Рука медленно под футболкой продвинулась и прикоснулась к груди. Аня вздрогнула, хотела отпрянуть, но заставила себя сдержаться. И хотя Николай продолжал ее целовать, теперь уже весь мир, все ощущения сосредоточились на его нежной и одновременно сильной и настойчивой руке, охватившей и ласкавшей грудь. Потом рука двинулась за спину, к застежке бюстгальтера. В один миг Аня стряхнула с себя оцепенение и как можно мягче отстранилась от Николая.
— Не надо, — прошептала она просительно.
Николай сразу же отпустил ее и снова стал целовать, но теперь уже не в губы, а в глаза, в шею, оттянул ворот кофточки и — ниже, ниже… Аня вспомнила, какая она там костлявая, ничего общего с царственным декольте Лены, поежилась и снова отстранилась.
— Знаешь, как меня Ленка называет? Тощие мощи, — шепнула Аня.
— Это она от зависти, — тоже шепотом сказал Николай. — Такие, как она, с возрастом толстеют, а ты, тонкокостная, всегда останешься сухой и стройной.
— Откуда ты знаешь — кто толстеет, а кто нет? — ревниво спросила Аня.
— Я все знаю.
Ане хотелось, чтобы он опять обнял ее, целовал и чтобы рука опять отправилась в свой восхитительный исследовательский путь, но Николай отодвинулся от нее, крепко растер лицо, потянулся и встал.

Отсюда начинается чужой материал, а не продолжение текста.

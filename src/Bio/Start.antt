-- ===== src/Bio/Start.antt =====
-- `binit` of kernel/bio.c.
use jklnkhbv.Base.{
  ℕ, zero, suc, ◌+◌, ◌<◌, ◌≡◌, refl, ap, List, [], ◌∷◌, update, update_self, All, All-map, arith,
  subst, length, Bool-cases, ◌==◌, inl, inr,
}
use jklnkhbv.Bio.{Ring, head, nbuf, init_loop, push_front, binit}
use jklnkhbv.Bio.Links.{IsRing, push_front_lem}
use jklnkhbv.Bio.Cache.{Has, IsCache}

-- The buffers from `b` on, put in front one after the other.
unfoldable pub inited : ℕ → ℕ → List ℕ → List ℕ
inited zero b xs = xs
inited (suc n) b xs = inited n (b + 1) (b ∷ xs)

length-inited : (n b : ℕ) (xs : List ℕ) → length (inited n b xs) ≡ n + length xs
unfolding inited
length-inited zero b xs = omega arith
length-inited (suc n) b xs = omega (arith, length-inited n (b + 1) (b ∷ xs))

-- What the loop keeps, up to buffer `b`.
record Upto (b : ℕ) (xs : List ℕ) (r : Ring) : Type 0 where
  ring : IsRing r xs
  below : All (λ x. x < b) xs
  covers : (t : ℕ) → t < b → Has t xs

covers_more :
    (b : ℕ) (xs : List ℕ) → ((t : ℕ) → t < b → Has t xs) → (t : ℕ) → t < b + 1 → Has t (b ∷ xs)
covers_more b xs h t lt = elim (Bool-cases (t == b)) [
  | inl same_one ↦ let e : b ≡ t = ground (arith, same_one) in ([], xs, ap (λ u. u ∷ xs) e)
  | inr other ↦
      let less : t < b = ground (arith, other) in
      let (ys, zs, e) = h t less in (b ∷ ys, zs, ap (λ l. b ∷ l) e)
]

init_loop-Upto :
    (n b : ℕ) (xs : List ℕ) (r : Ring)
    → b + n ≡ nbuf
    → Upto b xs r
    → Upto nbuf (inited n b xs) (init_loop n b r)
unfolding init_loop inited
init_loop-Upto zero b xs r e v = subst (λ k. Upto k xs r) (omega arith) v
init_loop-Upto (suc n) b xs r e v =
    init_loop-Upto n (b + 1) (b ∷ xs) (push_front b r) (omega arith) (record {
      ring = push_front_lem r b xs v.ring (omega arith) (All-map (λ x lt. omega arith) xs v.below);
      below = (omega arith, All-map (λ x lt. omega arith) xs v.below);
      covers = covers_more b xs v.covers;
    })

-- `binit` links all thirty buffers, each one once.
pub binit_lem : {B : Type 0} (content : B) → IsCache (binit content) (inited nbuf 0 [])
unfolding binit
binit_lem content =
    let r : Ring = record { next = update (λ p. 0) head head; prev = update (λ p. 0) head head } in
    let v = init_loop-Upto nbuf 0 [] r refl (record {
      ring = (
        (update_self (λ p. 0) head head head refl, update_self (λ p. 0) head head head refl),
        tt,
        tt,
      );
      below = tt;
      covers = λ t lt. absurd (omega arith);
    }) in
    record {
      ring = v.ring;
      few = omega (arith, length-inited nbuf 0 []);
      buffers = v.below;
      covers = v.covers;
      unique = λ s t hs ht nz. absurd (nz refl);
    }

— Идем домой. — Он протянул ей руку, и Аня послушно поднялась.
Дома Ленка только взглянула на пунцовые вспухшие губы подруги, как сразу же заулыбалась, а в глазах запрыгали бесенята.
— Если скажешь хоть слово — придушу! — крикнула Аня, и по ее голосу трудно было судить, шутит она или говорит всерьез.
— Молчу! Молчу… О, как я молчу! Молчу-у-у-у… Аня бросилась на Ленку, повалила ее на кровать, скрутила руки и оскалилась:
— Вот сейчас откушу твой задорный носик!
И они обе с хохотом стали кататься по постели, как в детстве, пока, обессиленные, не рухнули на спины.
— Ну и что нового о кардинале Ришелье? — спросила, отдышавшись, Лена.
— Есть новости о патриархе Филарете, — в тон ей ответила Аня. — Он весь в темных пятнах.
— Придется отдать в чистку.
— Предметы семнадцатого века в химчистку не принимают.
— Что же делать?
— Спать! — сладко потянулась Аня.
…Теперь каждый вечер Аня возвращалась поздно и, едва перекусив на ходу, плюхалась в постель и камнем засыпала. Лена перестала иронизировать, а наоборот, стала очень трогательно опекать ее — старалась к ее приходу вскипятить чайник, приготовить бутерброды.
В одно из таких полуночных бдений Лена внимательно посмотрела на счастливое, будто хмельное лицо подруги, и ее охватило беспокойство.
— Анька, только не смей торопиться, слышишь! Лучше о Филарете рассуждайте.